The Manufacturers Association of Nigeria (MAN) has expressed grave concerns regarding the recently amended Financial Reporting Council of Nigeria (FRCN) Act, specifically citing the “astronomical” annual charges imposed on private companies. MAN argues that these new financial burdens, particularly those targeting non-listed companies, present a significant threat to the already struggling manufacturing sector. Previously, publicly listed companies faced a maximum annual charge of N1 million. The amended Act has drastically increased this charge to N25 million. Even more alarming, non-listed companies, which were previously exempt, now face an uncapped charge linked to their annual turnover, regardless of profitability. This represents a substantial and potentially crippling financial burden for many manufacturers already operating under challenging economic conditions.
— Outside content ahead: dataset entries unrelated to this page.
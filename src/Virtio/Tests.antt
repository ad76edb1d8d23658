-- ===== src/Virtio/Tests.antt =====
-- The theorems on the disk driver at a driver that has just been set up.
use cs202_lab.Prelude.{
  ℕ, ◌≡◌, refl, true, false, not, ◌&&◌, if◌then◌else◌, none, some, arith, [], ltb,
}
use cs202_lab.Virtio.{
  Driver, empty_desc, find_free, alloc_each, alloc3_desc, submit, completed, pending, rw_start,
  rw_finish, virtio_disk_intr, store,
}
use cs202_lab.Virtio.Marks.{taken}
use cs202_lab.Virtio.InFlight.{Keeps, Started, rw_start_lem}
use cs202_lab.Virtio.Finish.{rw_start-rw_finish}
use cs202_lab.Virtio.Interrupt.{Handled, virtio_disk_intr_lem}

abbrev fresh : Driver
fresh = record {
  desc = λ i. empty_desc;
  avail_ring = λ i. 0;
  avail_idx = 0;
  used_ring = λ i. 0;
  used_end = 0;
  free = λ i. ltb i 8;
  used_idx = 0;
  info = λ i. none;
  status = λ i. 0;
  ops = λ i. record { kind = 0; reserved = 0; sector = 0 };
  busy = λ i. false;
  woken = [];
}

-- A write of buffer 3 to block 7.
rw_start_lem_example : Started 3 7 true fresh (rw_start 3 7 true fresh)
rw_start_lem_example = rw_start_lem 3 7 true fresh

abbrev sent : Driver
sent = submit 3 7 true 0 1 2 (taken 0 1 2 fresh)

sent_run : rw_start 3 7 true fresh ≡ some (some 0, sent)
unfolding rw_start alloc3_desc alloc_each find_free
sent_run = refl

-- The device has written the block.
abbrev served : Driver
served = record sent { used_end = 1; status = store 0 0 sent.status }

virtio_disk_intr_lem_example : Handled 3 (pending served) served (virtio_disk_intr served)
virtio_disk_intr_lem_example = virtio_disk_intr_lem 3 served (omega arith) (omega arith)

completed-Keeps : Keeps sent (completed 3 served)
completed-Keeps = record { marks = λ i h. h; descs = λ i h. refl; infos = λ i h. refl }

rw_start-rw_finish_example :
    (t : Driver) × (rw_finish 0 (completed 3 served) ≡ some t)
    × ((i : ℕ)
        → t.free i
          ≡ (if fresh.free i && not (sent.free i) then true else (completed 3 served).free i))
rw_start-rw_finish_example =
    rw_start-rw_finish 3 7 0 true fresh sent (completed 3 served) sent_run completed-Keeps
The core of MAN’s concern lies in Section 33 of the amended Act, which mandates an annual charge for non-listed companies based on a percentage of their yearly turnover. For companies with a turnover exceeding N10 billion, this charge can reach as high as 0.05% of their revenue. MAN argues that this adds another layer of financial strain on manufacturers already grappling with forex scarcity, high inflation, and a complex system of multiple taxation. The association views this new charge as excessive and ill-timed, potentially stifling investment and further hindering the growth of the productive sector. The Director-General of MAN, Segun Ajayi-Kadir, characterized the Act as “draconian” and lamented the lack of choice for companies facing these new charges. He warned that the cumulative effect of these financial burdens could significantly impact investment and hinder the growth of the productive sector.

Beyond the financial burden, MAN takes issue with the punitive measures introduced by the amended Act for non-compliance. The Act stipulates severe penalties for defaulters, including a monthly fine of 10% of the unpaid fee and the possibility of imprisonment for company executives. MAN contends that these penalties, particularly the threat of imprisonment, are disproportionate to the nature of the offense, which is essentially non-payment of an administrative fee. They argue that such stringent penalties are typically reserved for cases of deliberate defiance or fraud, not for failure to pay administrative fees. The association believes that these measures create an environment of fear and intimidation rather than fostering a supportive regulatory environment conducive to business growth.

MAN’s primary concern is the potential detrimental impact of these new charges on the manufacturing sector. The association argues that imposing this additional financial burden at a time when manufacturers are already facing numerous economic challenges, including forex scarcity, high inflation, and multiple taxation, could severely cripple the sector. They contend that these cumulative pressures could stifle investment, hinder growth, and ultimately undermine the government’s efforts to improve the ease of doing business in Nigeria. The association stresses the importance of a supportive regulatory environment for the growth of the manufacturing sector and warns that the new charges could have the opposite effect, potentially discouraging investment and hindering growth.

MAN has called for government intervention to suspend the implementation of these charges and urged the FRCN to align its policies with the ongoing tax reforms initiated by President Tinubu. The association believes that suspending the charges would provide much-needed relief to struggling manufacturers and demonstrate a commitment to creating a more conducive business environment. Furthermore, MAN suggests that aligning FRCN policies with broader fiscal policy and tax reform objectives would streamline the regulatory landscape, reduce complexities, and promote a more coherent approach to economic development. They believe that this alignment would be beneficial not only for the manufacturing sector but for the overall economic growth of Nigeria.

Ultimately, MAN emphasizes its commitment to supporting a business-friendly regulatory environment in Nigeria. The association urges authorities to reconsider policies that could hinder industrial growth and advocate for measures that promote investment, innovation, and sustainable development within the manufacturing sector. They maintain that a collaborative approach between the government, regulatory bodies, and the private sector is essential to create a conducive environment for businesses to thrive and contribute meaningfully to the Nigerian economy. MAN’s appeal highlights the need for a balanced regulatory approach that supports economic growth without imposing undue burdens on businesses, particularly those already facing significant economic challenges.